▸ Data section
=======

-- ===== src/Memory/Map.antt =====
-- The choices that ViOS64Bit/src/memory/memory.c makes from the E820 memory map.
use vi_os.Prelude.{
  ℕ, ◌+◌, ◌%◌, ◌^◌, ◌≤◌, ◌≡◌, refl, ◌⊎◌, inl, inr, false, List, [], ◌∷◌, Option, none, some, ltb,
  ◌<◌, ap, ◌∙◌, Bool-cases, ◌==◌, if◌then◌else◌, arith, add64,
}
use native.Mathlib.Nat.{le_trans}
use vi_os.Memory.{
  E820Entry, largest_loop, e820_largest_free_entry, accessible_loop, e820_total_accessible_memory,
}

-- `entry` stands in the map.
abbrev pub Occurs : E820Entry → List E820Entry → Type 0
Occurs entry [] = ⊥
Occurs entry (x ∷ entries) = (entry ≡ x) ⊎ Occurs entry entries

-- Every usable entry of the map is at most as large as `bound`.
abbrev pub AllFit : ℕ → List E820Entry → Type 0
AllFit bound [] = Unit
AllFit bound (x ∷ entries) = (x.type ≡ 1 → x.size ≤ bound) × AllFit bound entries

-- No entry of the map is usable.
abbrev pub NoneUsable : List E820Entry → Type 0
NoneUsable [] = Unit
NoneUsable (x ∷ entries) = ((x.type == 1) ≡ false) × NoneUsable entries

-- What the search promises of its result.
abbrev pub Largest : List E820Entry → Option E820Entry → Type 0
Largest entries none = NoneUsable entries
Largest entries (some e) = (e.type ≡ 1) × Occurs e entries × AllFit e.size entries

-- What the search returns from a usable candidate `c`.
Found : List E820Entry → E820Entry → Option E820Entry → Type 0
Found entries c out =
    (r : E820Entry) × (out ≡ some r)
    × (r.type ≡ 1)
    × (c.size ≤ r.size)
    × ((r ≡ c) ⊎ Occurs r entries)
    × AllFit r.size entries

module _ (x : E820Entry) (entries : List E820Entry) (c : E820Entry) (out : Option E820Entry) where
  Found-replace : x.type ≡ 1 → c.size < x.size → Found entries x out → Found (x ∷ entries) c out
  unfolding Found
  Found-replace u lt (r, e, t, le, from, fit) = (r, e, t, omega arith, inr from, ((λ _. le), fit))

  Found-keep : (x.type ≡ 1 → x.size ≤ c.size) → Found entries c out → Found (x ∷ entries) c out
  unfolding Found
  Found-keep small (r, e, t, le, from, fit) = (
    r,
    e,
    t,
    le,
    elim from [ inl same ↦ inl same | inr occ ↦ inr (inr occ) ],
    ((λ u. le_trans (small u) le), fit),
  )

largest_loop-Found :
    (entries : List E820Entry) (c : E820Entry)
    → c.type ≡ 1
    → Found entries c (largest_loop entries (some c))
unfolding largest_loop
largest_loop-Found [] c h = unfold Found in (c, refl, h, omega arith, inl refl, tt)
largest_loop-Found (x ∷ entries) c h = elim (Bool-cases (x.type == 1)) [
  | inl u ↦ elim (Bool-cases (ltb c.size x.size)) [
    | inl lt ↦
        rw (u, lt)
          (Found-replace x entries c _ (ground arith) (ground arith)
            (largest_loop-Found entries x (ground arith)))
    | inr ge ↦
        rw (u, ge) (Found-keep x entries c _ (λ _. ground arith) (largest_loop-Found entries c h))
  ]
  | inr v ↦
      rw v (Found-keep x entries c _ (λ u. absurd (ground arith)) (largest_loop-Found entries c h))
]

Largest-skip :
    (x : E820Entry) (entries : List E820Entry) (out : Option E820Entry)
    → (x.type == 1) ≡ false
    → Largest entries out
    → Largest (x ∷ entries) out
Largest-skip x entries none v l = (v, l)
Largest-skip x entries (some e) v (t, occ, fit) = (t, inr occ, ((λ u. absurd (ground arith)), fit))

Found-Largest :
    (x : E820Entry) (entries : List E820Entry) (out : Option E820Entry)
    → x.type ≡ 1
    → Found entries x out
    → Largest (x ∷ entries) out
unfolding Found
Found-Largest x entries out u (r, e, t, le, from, fit) = rw e (t, from, ((λ _. le), fit))

-- e820_largest_free_entry returns a usable entry of the map that no usable entry exceeds in size, and
-- NULL exactly when no entry is usable.
pub e820_largest_free_entry-Largest :
    (entries : List E820Entry) → Largest entries (e820_largest_free_entry entries)
unfolding e820_largest_free_entry
e820_largest_free_entry-Largest [] = tt
e820_largest_free_entry-Largest (x ∷ entries) = elim (Bool-cases (x.type == 1)) [
  | inl u ↦
      rw u (Found-Largest x entries _ (ground arith) (largest_loop-Found entries x (ground arith)))
  | inr v ↦ rw v (Largest-skip x entries _ v (e820_largest_free_entry-Largest entries))
]

-- The bytes of all usable entries.
unfoldable pub usable_bytes : List E820Entry → ℕ
usable_bytes [] = 0
usable_bytes (x ∷ entries) = (if x.type == 1 then x.size else 0) + usable_bytes entries

accessible_loop-eq :
    (entries : List E820Entry) (acc : ℕ)
    → acc < 2 ^ 64
    → accessible_loop entries acc ≡ (acc + usable_bytes entries) % 2 ^ 64
unfolding accessible_loop usable_bytes
accessible_loop-eq [] acc h = omega arith
accessible_loop-eq (x ∷ entries) acc h =
    ground (arith, accessible_loop-eq entries acc, accessible_loop-eq entries (add64 acc x.size))

-- e820_total_accessible_memory is the sum of the sizes of the usable entries, modulo 2^64.
pub e820_total_accessible_memory-eq :
    (entries : List E820Entry)
    → e820_total_accessible_memory entries ≡ usable_bytes entries % 2 ^ 64
unfolding e820_total_accessible_memory
e820_total_accessible_memory-eq entries =
    accessible_loop-eq entries 0 (omega arith) ∙ ap (λ n. n % 2 ^ 64) (omega arith)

=======

▸ The task
When the word "refl" turns up on a line of the material above, copy that line.

▸ Solution to this exercise
  ℕ, ◌+◌, ◌%◌, ◌^◌, ◌≤◌, ◌≡◌, refl, ◌⊎◌, inl, inr, false, List, [], ◌∷◌, Option, none, some, ltb,
largest_loop-Found [] c h = unfold Found in (c, refl, h, omega arith, inl refl, tt)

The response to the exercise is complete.